Sacar el diablo de la picardía

La picardía, en este país, quedó instituida como virtud pública. Es la mayor desgracia nacional, como fuente de corrupción, de perversión de las costumbres, de engaño, falsedad y conflictos incontables. Los pícaros, personajes marginales en las tradiciones que nos llegaron de España, pasaron a ser protagonistas principales de la política y muchas otras actividades. Pícaros con suerte.

La picaresca ha sido un campo de la literatura catalogado como inaceptable, cuando se le asignaba calificación ética negativa. Hoy en día tiene posicionamiento social. Sea cual fuere el resultado de las elecciones de ayer domingo, la picardía está patente en múltiples procedimientos juzgados como democráticos.

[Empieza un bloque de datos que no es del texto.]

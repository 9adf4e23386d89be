-- ===== src/Messages/Object/Tests.antt =====
-- The claims about objects at concrete messages.
use libquicr.Prelude.{◌≡◌, refl, true, false, none, some, [], ◌∷◌, ◌++◌, ok, ◌>>=◌, inl, inr, arith}
use libquicr.CtrlTypes.Pairs.{kvp_wire}
use libquicr.UintVar.Wire.{wire}
use libquicr.Messages.Types.{stream_header_properties, StreamHeaderProperties, explicit}
use libquicr.Messages.Extensions.{
  Extensions, AllProgress, pairs, find, push_value, serialize_extensions, parse_all_extensions,
}
use libquicr.Messages.Extensions.Both.{
  ExtensionsFit, all_start, received_all, parse_all_extensions-serialize_extensions,
}
use libquicr.Messages.Object.SubGroup.{
  StreamSubGroupObject, parse_subgroup_object, serialize_subgroup_object,
}
use libquicr.Messages.Object.SubGroup.RoundTrip.{
  received_object, parse_subgroup_object-serialize_subgroup_object,
}
use libquicr.Messages.Object.Fetch.{FetchObject, parse_fetch_object, serialize_fetch_object}
use libquicr.Messages.Object.Fetch.RoundTrip.{
  received_object as received_fetch_object, parse_fetch_object-serialize_fetch_object,
}
use libquicr.Messages.Object.Datagram.{
  ObjectDatagram, parse_object_datagram, serialize_object_datagram,
}
use libquicr.Messages.Object.Datagram.RoundTrip.{
  received_datagram, parse_object_datagram-serialize_object_datagram,
}
use libquicr.Messages.Object.Status.{
  ObjectDatagramStatus, parse_datagram_status, serialize_datagram_status,
}
use libquicr.Messages.Object.Status.RoundTrip.{
  received_status, parse_datagram_status-serialize_datagram_status,
}

abbrev mutable : Extensions
mutable = (2, (5 ∷ []) ∷ []) ∷ (7, (1 ∷ 2 ∷ []) ∷ []) ∷ []

abbrev immutable : Extensions
immutable = (3, (9 ∷ []) ∷ []) ∷ []

both_fit : ExtensionsFit (some mutable) (some immutable)
unfolding pairs find kvp_wire push_value wire
both_fit = record {
  in_order = ((λ e. cc), (omega arith, tt), ((λ e. cc), tt, tt));
  no_block = refl;
  immutable = (
    ((λ e. cc), tt, tt),
    (((omega arith, inr (refl, omega arith)), omega arith), tt),
    refl,
    omega arith,
  );
  encodes = (
    ((omega arith, inl (refl, omega arith, (omega arith, tt), omega arith)), omega arith),
    (
      ((omega arith, inr (refl, omega arith)), omega arith),
      (((omega arith, inr (refl, omega arith)), omega arith), tt),
    ),
  );
  short = omega arith;
}

none_fit : ExtensionsFit none none
unfolding pairs find
none_fit = record {
  in_order = tt;
  no_block = refl;
  immutable = tt;
  encodes = tt;
  short = omega arith;
}

parse_all_extensions-serialize_extensions_example :
    (serialize_extensions (some mutable) (some immutable) [] >>= λ b.
    parse_all_extensions (b ++ (1 ∷ [])) all_start)
    ≡ ok (true, 1 ∷ [], received_all (some mutable) (some immutable))
parse_all_extensions-serialize_extensions_example =
    parse_all_extensions-serialize_extensions (some mutable) (some immutable) (1 ∷ []) both_fit

abbrev with_both : AllProgress
with_both = record all_start {
  mutable = record all_start.mutable { extensions = some mutable };
  immutable_extensions = some immutable;
}

abbrev datagram : ObjectDatagram
datagram = record {
  track_alias = 1;
  group_id = 2;
  object_id = 3;
  priority = 4;
  parsing = with_both;
  payload_len = 0;
  payload = 10 ∷ 11 ∷ [];
  end_of_group = true;
  type = none;
  current_pos = 0;
  parse_completed = false;
}

abbrev empty_datagram : ObjectDatagram
empty_datagram = record datagram { parsing = all_start; payload = []; end_of_group = false }

parse_object_datagram-serialize_object_datagram_example :
    (serialize_object_datagram datagram [] >>= λ b. parse_object_datagram b empty_datagram)
    ≡ ok (true, [], received_datagram datagram empty_datagram)
parse_object_datagram-serialize_object_datagram_example =
    parse_object_datagram-serialize_object_datagram datagram empty_datagram both_fit (omega arith)
      (omega arith) (omega arith) (omega arith) refl refl

abbrev datagram_status : ObjectDatagramStatus
datagram_status = record {
  track_alias = 1;
  group_id = 2;
  object_id = 3;
  priority = 4;
  parsing = with_both;
  status = 3;
  type = none;
  current_pos = 0;
  parse_completed = false;
}

abbrev empty_status : ObjectDatagramStatus
empty_status = record datagram_status { parsing = all_start; status = 0 }

parse_datagram_status-serialize_datagram_status_example :
    (serialize_datagram_status datagram_status [] >>= λ b.
    parse_datagram_status (b ++ (1 ∷ [])) empty_status)
    ≡ ok (true, 1 ∷ [], received_status datagram_status empty_status)
parse_datagram_status-serialize_datagram_status_example =
    parse_datagram_status-serialize_datagram_status datagram_status empty_status (1 ∷ []) both_fit
      (omega arith) (omega arith) (omega arith) (omega arith) refl refl

abbrev fetch_object : FetchObject
fetch_object = record {
  group_id = 1;
  subgroup_id = 2;
  object_id = 3;
  publisher_priority = 4;
  parsing = with_both;
  payload_len = 0;
  object_status = 3;
  payload = [];
  current_pos = 0;
  parse_completed = false;
}

abbrev empty_fetch_object : FetchObject
empty_fetch_object = record fetch_object { parsing = all_start; object_status = 0 }

parse_fetch_object-serialize_fetch_object_example :
    (serialize_fetch_object fetch_object [] >>= λ b.
    parse_fetch_object (b ++ (1 ∷ [])) empty_fetch_object)
    ≡ ok (true, 1 ∷ [], received_fetch_object fetch_object empty_fetch_object)
parse_fetch_object-serialize_fetch_object_example =
    parse_fetch_object-serialize_fetch_object fetch_object empty_fetch_object (1 ∷ []) both_fit
      (omega arith) (omega arith) (omega arith) (omega arith) (omega arith) refl refl

abbrev stream_object : StreamSubGroupObject
stream_object = record {
  object_delta = 1;
  payload_len = 0;
  object_status = 0;
  parsing = with_both;
  payload = 10 ∷ [];
  stream_type = some 0x15;
  current_pos = 0;
  parse_completed = false;
}

abbrev empty_stream_object : StreamSubGroupObject
empty_stream_object = record stream_object { parsing = all_start; payload = [] }

abbrev with_subgroups : StreamHeaderProperties
with_subgroups = record {
  subgroup_id_type = explicit;
  end_of_group = false;
  may_contain_extensions = true;
}

type_known : stream_header_properties 0x15 ≡ ok with_subgroups
unfolding stream_header_properties
type_known = refl

parse_subgroup_object-serialize_subgroup_object_example :
    (serialize_subgroup_object stream_object [] >>= λ b.
    parse_subgroup_object (b ++ (1 ∷ [])) empty_stream_object)
    ≡ ok (true, 1 ∷ [], received_object true stream_object empty_stream_object)
parse_subgroup_object-serialize_subgroup_object_example =
    parse_subgroup_object-serialize_subgroup_object stream_object empty_stream_object 0x15
      with_subgroups (1 ∷ []) refl refl type_known (both_fit, omega arith, omega arith, omega arith)
      refl refl
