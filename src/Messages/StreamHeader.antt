-- ===== src/Messages/StreamHeader.antt =====
-- `StreamHeaderSubGroup`: its parser and its serialisation.
pub mod Resume
pub mod RoundTrip
use libquicr.Prelude.{
  ℕ, zero, suc, ◌+◌, ◌%◌, ◌^◌, Bool, true, Option, none, some, List, [], ◌∷◌, ◌++◌, Outcome, ok,
  throws, invalid_argument, ◌>>=◌,
}
use libquicr.StreamBuffer.{decode_uint_v}
use libquicr.CtrlTypes.{write_u64, write_u8}
use libquicr.Messages.Types.{
  SubgroupIdType, is_zero, set_from_first_object, explicit, stream_header_properties,
}
use libquicr.Messages.Stage.{Parsed, need, read_byte}

pub record StreamHeaderSubGroup : Type 0 where
  pub type : ℕ
  pub track_alias : ℕ
  pub group_id : ℕ
  pub subgroup_id : Option ℕ
  pub priority : ℕ
  pub current_pos : ℕ
  pub parse_completed : Bool

unfoldable pub case4 : List ℕ → StreamHeaderSubGroup → Parsed StreamHeaderSubGroup
case4 buffer msg = need (read_byte buffer) msg λ priority rest. ok (
  true,
  rest,
  record msg { priority = priority; current_pos = msg.current_pos + 1; parse_completed = true },
)

unfoldable pub subgroup_case :
    SubgroupIdType → List ℕ → StreamHeaderSubGroup → Parsed StreamHeaderSubGroup
subgroup_case is_zero buffer msg =
    case4 buffer (record msg { subgroup_id = some 0; current_pos = msg.current_pos + 1 })
subgroup_case set_from_first_object buffer msg =
    case4 buffer (record msg { subgroup_id = none; current_pos = msg.current_pos + 1 })
subgroup_case explicit buffer msg = need (decode_uint_v true buffer) msg λ subgroup_id rest.
    case4 rest (record msg { subgroup_id = some subgroup_id; current_pos = msg.current_pos + 1 })

unfoldable pub case3 : List ℕ → StreamHeaderSubGroup → Parsed StreamHeaderSubGroup
case3 buffer msg = do
  properties ← stream_header_properties msg.type
  subgroup_case properties.subgroup_id_type buffer msg

unfoldable pub case2 : List ℕ → StreamHeaderSubGroup → Parsed StreamHeaderSubGroup
case2 buffer msg = need (decode_uint_v true buffer) msg λ group_id rest.
    case3 rest (record msg { group_id = group_id; current_pos = msg.current_pos + 1 })

unfoldable pub case1 : List ℕ → StreamHeaderSubGroup → Parsed StreamHeaderSubGroup
case1 buffer msg = need (decode_uint_v true buffer) msg λ track_alias rest.
    case2 rest (record msg { track_alias = track_alias; current_pos = msg.current_pos + 1 })

unfoldable pub case0 : List ℕ → StreamHeaderSubGroup → Parsed StreamHeaderSubGroup
case0 buffer msg =
    need (decode_uint_v true buffer) msg λ type rest.
      case1 rest (record msg { type = type % 2 ^ 8; current_pos = msg.current_pos + 1 })

abbrev pub switch : ℕ → List ℕ → StreamHeaderSubGroup → Parsed StreamHeaderSubGroup
switch zero buffer msg = case0 buffer msg
switch (suc zero) buffer msg = case1 buffer msg
switch (suc (suc zero)) buffer msg = case2 buffer msg
switch (suc (suc (suc zero))) buffer msg = case3 buffer msg
switch (suc (suc (suc (suc zero)))) buffer msg = case4 buffer msg
switch _ buffer msg = ok (msg.parse_completed, buffer, msg)

unfoldable pub parse_stream_header : List ℕ → StreamHeaderSubGroup → Parsed StreamHeaderSubGroup
parse_stream_header buffer msg = switch msg.current_pos buffer msg

-- The subgroup id is written just when the type says that it is explicit.
unfoldable pub write_subgroup_id : SubgroupIdType → Option ℕ → List ℕ → Outcome (List ℕ)
write_subgroup_id explicit none buffer = throws invalid_argument
write_subgroup_id explicit (some id) buffer = write_u64 id buffer
write_subgroup_id _ none buffer = ok buffer
write_subgroup_id _ (some id) buffer = throws invalid_argument

unfoldable pub serialize_stream_header : StreamHeaderSubGroup → List ℕ → Outcome (List ℕ)
serialize_stream_header msg buffer = do
  b ← write_u64 msg.type buffer
  b ← write_u64 msg.track_alias b
  b ← write_u64 msg.group_id b
  properties ← stream_header_properties msg.type
  b ← write_subgroup_id properties.subgroup_id_type msg.subgroup_id b
  ok (write_u8 msg.priority b)
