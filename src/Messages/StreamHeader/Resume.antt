-- ===== src/Messages/StreamHeader/Resume.antt =====
-- A stream header may arrive in any number of pieces.
use libquicr.Prelude.{
  ℕ, zero, suc, ◌≡◌, refl, true, List, ◌++◌, Outcome, ok, throws, undefined, unfinished,
}
use libquicr.StreamBuffer.{decode_uint_v}
use libquicr.StreamBuffer.Decode.{decode_uint_v-IsStable}
use libquicr.Messages.Types.{
  SubgroupIdType, is_zero, set_from_first_object, explicit, stream_header_properties,
  StreamHeaderProperties,
}
use libquicr.Messages.Stage.{read_byte, read_byte-IsStable, Resumes, need-Resumes, done-Resumes}
use libquicr.Messages.StreamHeader.{
  StreamHeaderSubGroup, case0, case1, case2, case3, case4, subgroup_case, switch,
  parse_stream_header,
}

module _ (b more : List ℕ) (m : StreamHeaderSubGroup) where
  case4-Resumes :
      m.current_pos ≡ 4 → Resumes parse_stream_header more (case4 b m) (case4 (b ++ more) m)
  unfolding case4
  case4-Resumes e =
      need-Resumes parse_stream_header more read_byte b m _ (read_byte-IsStable b)
        (unfold parse_stream_header case4 in rw e) λ a rest. refl

subgroup_case-Resumes :
    (s : SubgroupIdType) (p : StreamHeaderProperties) (b more : List ℕ) (m : StreamHeaderSubGroup)
    → m.current_pos ≡ 3
    → stream_header_properties m.type ≡ ok p
    → p.subgroup_id_type ≡ s
    → Resumes parse_stream_header more (subgroup_case s b m) (subgroup_case s (b ++ more) m)
unfolding subgroup_case
subgroup_case-Resumes is_zero p b more m e h t = case4-Resumes b more _ (rw e)
subgroup_case-Resumes set_from_first_object p b more m e h t = case4-Resumes b more _ (rw e)
subgroup_case-Resumes explicit p b more m e h t =
    need-Resumes parse_stream_header more (decode_uint_v true) b m _ (decode_uint_v-IsStable b)
      (unfold parse_stream_header case3 subgroup_case in rw (e, h, t))
      λ a rest. case4-Resumes rest more _ (rw e)

properties-Resumes :
    (r : Outcome StreamHeaderProperties) (b more : List ℕ) (m : StreamHeaderSubGroup)
    → m.current_pos ≡ 3
    → stream_header_properties m.type ≡ r
    → Resumes parse_stream_header more (case3 b m) (case3 (b ++ more) m)
unfolding case3
properties-Resumes (ok p) b more m e h =
    rw h (subgroup_case-Resumes p.subgroup_id_type p b more m e h refl)
properties-Resumes (throws x) b more m e h = rw h
properties-Resumes undefined b more m e h = rw h
properties-Resumes unfinished b more m e h = rw h

module _ (b more : List ℕ) (m : StreamHeaderSubGroup) where
  case2-Resumes :
      m.current_pos ≡ 2 → Resumes parse_stream_header more (case2 b m) (case2 (b ++ more) m)
  unfolding case2
  case2-Resumes e =
      need-Resumes parse_stream_header more (decode_uint_v true) b m _ (decode_uint_v-IsStable b)
        (unfold parse_stream_header case2 in rw e)
        λ a rest. properties-Resumes _ rest more _ (rw e) refl

module _ (b more : List ℕ) (m : StreamHeaderSubGroup) where
  case1-Resumes :
      m.current_pos ≡ 1 → Resumes parse_stream_header more (case1 b m) (case1 (b ++ more) m)
  unfolding case1
  case1-Resumes e =
      need-Resumes parse_stream_header more (decode_uint_v true) b m _ (decode_uint_v-IsStable b)
        (unfold parse_stream_header case1 in rw e) λ a rest. case2-Resumes rest more _ (rw e)

module _ (b more : List ℕ) (m : StreamHeaderSubGroup) where
  case0-Resumes :
      m.current_pos ≡ 0 → Resumes parse_stream_header more (case0 b m) (case0 (b ++ more) m)
  unfolding case0
  case0-Resumes e =
      need-Resumes parse_stream_header more (decode_uint_v true) b m _ (decode_uint_v-IsStable b)
        (unfold parse_stream_header case0 in rw e) λ a rest. case1-Resumes rest more _ (rw e)

switch-Resumes :
    (n : ℕ) (b more : List ℕ) (m : StreamHeaderSubGroup)
    → m.current_pos ≡ n
    → Resumes parse_stream_header more (switch n b m) (switch n (b ++ more) m)
switch-Resumes zero b more m e = case0-Resumes b more m e
switch-Resumes (suc zero) b more m e = case1-Resumes b more m e
switch-Resumes (suc (suc zero)) b more m e = case2-Resumes b more m e
switch-Resumes (suc (suc (suc zero))) b more m e = properties-Resumes _ b more m e refl
switch-Resumes (suc (suc (suc (suc zero)))) b more m e = case4-Resumes b more m e
switch-Resumes (suc (suc (suc (suc (suc n))))) b more m e =
    done-Resumes parse_stream_header m.parse_completed b more m
      (λ b. unfold parse_stream_header in rw e)

-- Whatever the header's parser did with the first bytes, with more bytes behind them it does what it
-- would have done with all of them at once: it goes on where it stopped, leaves what follows a
-- complete header, and refuses an unknown type either way.
pub parse_stream_header-Resumes :
    (b more : List ℕ) (m : StreamHeaderSubGroup)
    → Resumes parse_stream_header more (parse_stream_header b m) (parse_stream_header (b ++ more) m)
unfolding parse_stream_header
parse_stream_header-Resumes b more m = switch-Resumes m.current_pos b more m refl
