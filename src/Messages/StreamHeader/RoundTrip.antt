-- ===== src/Messages/StreamHeader/RoundTrip.antt =====
-- Stream headers that are serialised are parsed again.
use libquicr.Prelude.{
  ℕ, ◌+◌, ◌%◌, ◌^◌, ◌<◌, ◌≡◌, refl, true, Option, none, some, List, [], ◌∷◌, ◌++◌, append_assoc,
  append-nil, ok, ◌>>=◌, arith,
}
use libquicr.UintVar.Wire.{wire}
use libquicr.CtrlTypes.{write_u8}
use libquicr.CtrlTypes.Ints.{write_u64-wire}
use libquicr.StreamBuffer.RoundTrip.{decode_uint_v-wire}
use libquicr.Messages.Types.{
  SubgroupIdType, is_zero, set_from_first_object, explicit, stream_header_properties,
  StreamHeaderProperties,
}
use libquicr.Messages.Stage.{read_byte}
use libquicr.Messages.StreamHeader.{
  StreamHeaderSubGroup, case0, case1, case2, case3, case4, subgroup_case, parse_stream_header,
  write_subgroup_id, serialize_stream_header,
}

-- The subgroup id that a receiver has after the header, and the sender's obligation on it.
abbrev pub received_id : SubgroupIdType → Option ℕ → Option ℕ
received_id is_zero id = some 0
received_id set_from_first_object id = none
received_id explicit id = id

abbrev pub IdFits : SubgroupIdType → Option ℕ → Type 0
IdFits explicit (some id) = id < 2 ^ 62
IdFits explicit none = ⊥
IdFits is_zero id = id ≡ none
IdFits set_from_first_object id = id ≡ none

unfoldable pub id_wire : Option ℕ → List ℕ
id_wire none = []
id_wire (some id) = wire id

write_subgroup_id-wire :
    (s : SubgroupIdType) (id : Option ℕ) (b : List ℕ)
    → IdFits s id
    → write_subgroup_id s id b ≡ ok (b ++ id_wire id)
unfolding write_subgroup_id id_wire
write_subgroup_id-wire explicit (some id) b h = write_u64-wire id b h
write_subgroup_id-wire explicit none b h = absurd h
write_subgroup_id-wire is_zero none b h = rw append-nil
write_subgroup_id-wire is_zero (some id) b h = cc
write_subgroup_id-wire set_from_first_object none b h = rw append-nil
write_subgroup_id-wire set_from_first_object (some id) b h = cc

subgroup_case-wire :
    (s : SubgroupIdType) (id : Option ℕ) (m : StreamHeaderSubGroup) (pri : ℕ) (rest : List ℕ)
    → IdFits s id
    → subgroup_case s (id_wire id ++ (pri ∷ rest)) m
      ≡ ok (
        true,
        rest,
        record m {
          subgroup_id = received_id s id;
          priority = pri;
          current_pos = m.current_pos + 1 + 1;
          parse_completed = true;
        },
      )
unfolding subgroup_case id_wire case4 read_byte
subgroup_case-wire explicit (some id) m pri rest h = rw (decode_uint_v-wire id (pri ∷ rest) h)
subgroup_case-wire explicit none m pri rest h = absurd h
subgroup_case-wire is_zero none m pri rest h = refl
subgroup_case-wire is_zero (some id) m pri rest h = cc
subgroup_case-wire set_from_first_object none m pri rest h = refl
subgroup_case-wire set_from_first_object (some id) m pri rest h = cc

unfoldable pub header_wire : StreamHeaderSubGroup → List ℕ
header_wire h =
    wire h.type
    ++ (wire h.track_alias ++ (wire h.group_id ++ (id_wire h.subgroup_id ++ (h.priority ∷ []))))

-- The header as it is received.
abbrev pub received_header : SubgroupIdType → StreamHeaderSubGroup → StreamHeaderSubGroup
received_header s h = record h {
  subgroup_id = received_id s h.subgroup_id;
  current_pos = 5;
  parse_completed = true;
}

-- What a header's fields must be.
abbrev pub HeaderFits : SubgroupIdType → StreamHeaderSubGroup → Type 0
HeaderFits s h =
    (h.type < 2 ^ 8) × (h.track_alias < 2 ^ 62) × (h.group_id < 2 ^ 62) × IdFits s h.subgroup_id

pub serialize_stream_header-wire :
    (h : StreamHeaderSubGroup) (p : StreamHeaderProperties)
    → stream_header_properties h.type ≡ ok p
    → HeaderFits p.subgroup_id_type h
    → serialize_stream_header h [] ≡ ok (header_wire h)
unfolding serialize_stream_header header_wire write_u8
serialize_stream_header-wire h p known (ht, ha, hg, hi) =
    rw
      (
        write_u64-wire h.type [] (omega (arith, ht)),
        write_u64-wire h.track_alias (wire h.type) ha,
        write_u64-wire h.group_id (wire h.type ++ wire h.track_alias) hg,
        known,
        write_subgroup_id-wire p.subgroup_id_type h.subgroup_id _ hi,
        append_assoc,
        append_assoc,
        append_assoc,
      )
      refl

pub parse_stream_header-wire :
    (h m : StreamHeaderSubGroup) (p : StreamHeaderProperties) (rest : List ℕ)
    → stream_header_properties h.type ≡ ok p
    → HeaderFits p.subgroup_id_type h
    → m.current_pos ≡ 0
    → parse_stream_header (header_wire h ++ rest) m
      ≡ ok (true, rest, received_header p.subgroup_id_type h)
unfolding parse_stream_header case0 case1 case2 case3 header_wire
parse_stream_header-wire h m p rest known (ht, ha, hg, hi) e =
    let byte : h.type % 2 ^ 8 ≡ h.type = omega (arith, ht) in
    rw
      (
        append_assoc,
        append_assoc,
        append_assoc,
        append_assoc,
        e,
        decode_uint_v-wire h.type _ (omega (arith, ht)),
        byte,
        decode_uint_v-wire h.track_alias _ ha,
        decode_uint_v-wire h.group_id _ hg,
        known,
        subgroup_case-wire p.subgroup_id_type h.subgroup_id _ h.priority rest hi,
      )
      refl

-- A header that is serialised, with a known type and a subgroup id just where the type has one, is
-- parsed to the same fields, the id being 0 or left open where the type says so; what follows is left.
pub parse_stream_header-serialize_stream_header :
    (h m : StreamHeaderSubGroup) (p : StreamHeaderProperties) (rest : List ℕ)
    → stream_header_properties h.type ≡ ok p
    → HeaderFits p.subgroup_id_type h
    → m.current_pos ≡ 0
    → (do b ← serialize_stream_header h []; parse_stream_header (b ++ rest) m)
      ≡ ok (true, rest, received_header p.subgroup_id_type h)
parse_stream_header-serialize_stream_header h m p rest known fits e =
    rw (serialize_stream_header-wire h p known fits)
      (parse_stream_header-wire h m p rest known fits e)
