-- ===== src/Messages/Tests.antt =====
-- Concrete messages of data streams, and the theorems at them.
use libquicr.Prelude.{
  ◌≡◌, refl, true, false, some, [], ◌∷◌, ◌++◌, ok, throws, protocol_violation, ◌>>=◌, arith, ◌≢◌,
  unfinished,
}
use libquicr.Messages.Extensions.Fuel.{parse_extensions_ends}
use libquicr.Messages.Types.{
  explicit, StreamHeaderProperties, stream_header_properties, stream_header_type,
  stream_header_properties_bits, stream_header_properties-stream_header_type,
}
use libquicr.Messages.Stage.{Resumes}
use libquicr.Messages.FetchHeader.{fresh, parse_fetch_header, parse_fetch_header-Resumes}
use libquicr.Messages.StreamHeader.{
  StreamHeaderSubGroup, parse_stream_header, serialize_stream_header,
}
use libquicr.Messages.StreamHeader.Resume.{parse_stream_header-Resumes}
use libquicr.Messages.StreamHeader.RoundTrip.{parse_stream_header-serialize_stream_header}
use libquicr.Messages.Extensions.{Extensions, parse_extensions}
use libquicr.Messages.Extensions.RoundTrip.{start}

abbrev explicit_type : StreamHeaderProperties
explicit_type = record {
  subgroup_id_type = explicit;
  end_of_group = false;
  may_contain_extensions = true;
}

abbrev header : StreamHeaderSubGroup
header = record {
  type = 0x15;
  track_alias = 300;
  group_id = 7;
  subgroup_id = some 2;
  priority = 4;
  current_pos = 0;
  parse_completed = false;
}

explicit_type_known : stream_header_properties 0x15 ≡ ok explicit_type
unfolding stream_header_properties
explicit_type_known = refl

stream_header_properties_bits_example : stream_header_properties 0x16 ≡ throws protocol_violation
stream_header_properties_bits_example = stream_header_properties_bits 0x16 (omega arith)

stream_header_properties-stream_header_type_example :
    stream_header_properties (stream_header_type explicit_type) ≡ ok explicit_type
stream_header_properties-stream_header_type_example =
    stream_header_properties-stream_header_type explicit_type

parse_fetch_header-Resumes_example :
    Resumes parse_fetch_header
      (9 ∷ [])
      (parse_fetch_header (5 ∷ []) (fresh 0 0))
      (parse_fetch_header (5 ∷ 9 ∷ []) (fresh 0 0))
parse_fetch_header-Resumes_example = parse_fetch_header-Resumes (5 ∷ []) (9 ∷ []) (fresh 0 0)

parse_stream_header-Resumes_example :
    Resumes parse_stream_header
      (7 ∷ 2 ∷ 4 ∷ [])
      (parse_stream_header (0x15 ∷ 3 ∷ []) header)
      (parse_stream_header (0x15 ∷ 3 ∷ 7 ∷ 2 ∷ 4 ∷ []) header)
parse_stream_header-Resumes_example =
    parse_stream_header-Resumes (0x15 ∷ 3 ∷ []) (7 ∷ 2 ∷ 4 ∷ []) header

parse_stream_header-serialize_stream_header_example :
    (serialize_stream_header header [] >>= λ b. parse_stream_header (b ++ (1 ∷ [])) header)
    ≡ ok (true, 1 ∷ [], record header { current_pos = 5; parse_completed = true })
parse_stream_header-serialize_stream_header_example =
    parse_stream_header-serialize_stream_header header header explicit_type (1 ∷ [])
      explicit_type_known (omega arith, omega arith, omega arith, omega arith) refl

abbrev two_extensions : Extensions
two_extensions = (2, (5 ∷ []) ∷ []) ∷ (3, (1 ∷ 2 ∷ []) ∷ []) ∷ []

parse_extensions_ends_example : parse_extensions (6 ∷ 2 ∷ 5 ∷ 3 ∷ []) start ≢ unfinished
parse_extensions_ends_example =
    parse_extensions_ends (6 ∷ 2 ∷ 5 ∷ 3 ∷ []) start
      (omega arith, (omega arith, (omega arith, (omega arith, tt))))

La transparencia es una falacia en gran parte de las actuaciones de conductores de campañas, de líderes partidistas, de individuos dotados de figuración notable en los sectores público y privado, en la educación y en general en la vida diaria. Hecha la ley, hecha la trampa, es un dicho convertido en norma consuetudinaria. Otros sostienen que, para ser parte en una causa judicial, es más útil ser experto en detectar las excepciones que tener buen conocimiento de las disposiciones legales.

En el Diccionario no se alaba la picardía. Se define como astucia, viveza, disimulo y engaño. Claro que también se le conoce como travesura infantil, cuando es leve, pero en general se descalifica por representar “intención o acción deshonesta o picante”. Pero entre el Diccionario y la realidad nuestra hay una diferencia parecida a la que separa el deber ser ético de la práctica habitual. La picardía está proscrita, en teoría, como factor degradante de la actividad política. Aquí, en cambio, hasta el actual Presidente, cuando era candidato al primer período, la elogió como ventaja aceptable, en controvertida entrevista radial. No puedo decir que por ese disparate deba señalársele como un pícaro, pero, por ser él quien es, aceptar la picardía puede ser un paso para legitimarla como parte necesaria del modo de hacer política.

Y nada tienen que ver los pícaros con suerte de hoy en día y de nuestros aquí y ahora, con los pobres pícaros de la novela picaresca española del Siglo de Oro, como Lazarillo de Tormes, Guzmán de Alfarache, el diablo Cojuelo o el Buscón, sujetos de baja condición, astutos, ingeniosos y de mal vivir. En esta colonia, el pícaro ha venido ganando estatus.

El tramposo y desvergonzado de las novelas se ha vuelto, mediante el agregado progresivo de la malicia indígena, un señorón digno de admiración, de ser imitado y muchas veces de resultar elegido por sus conciudadanos, como pudo haber sucedido ayer. Hoy el gran propósito nacional debería consistir, en parafraseo del bambuco, en expulsar el diablo de la picardía que tiene al país condenado a la ruina moral definitiva.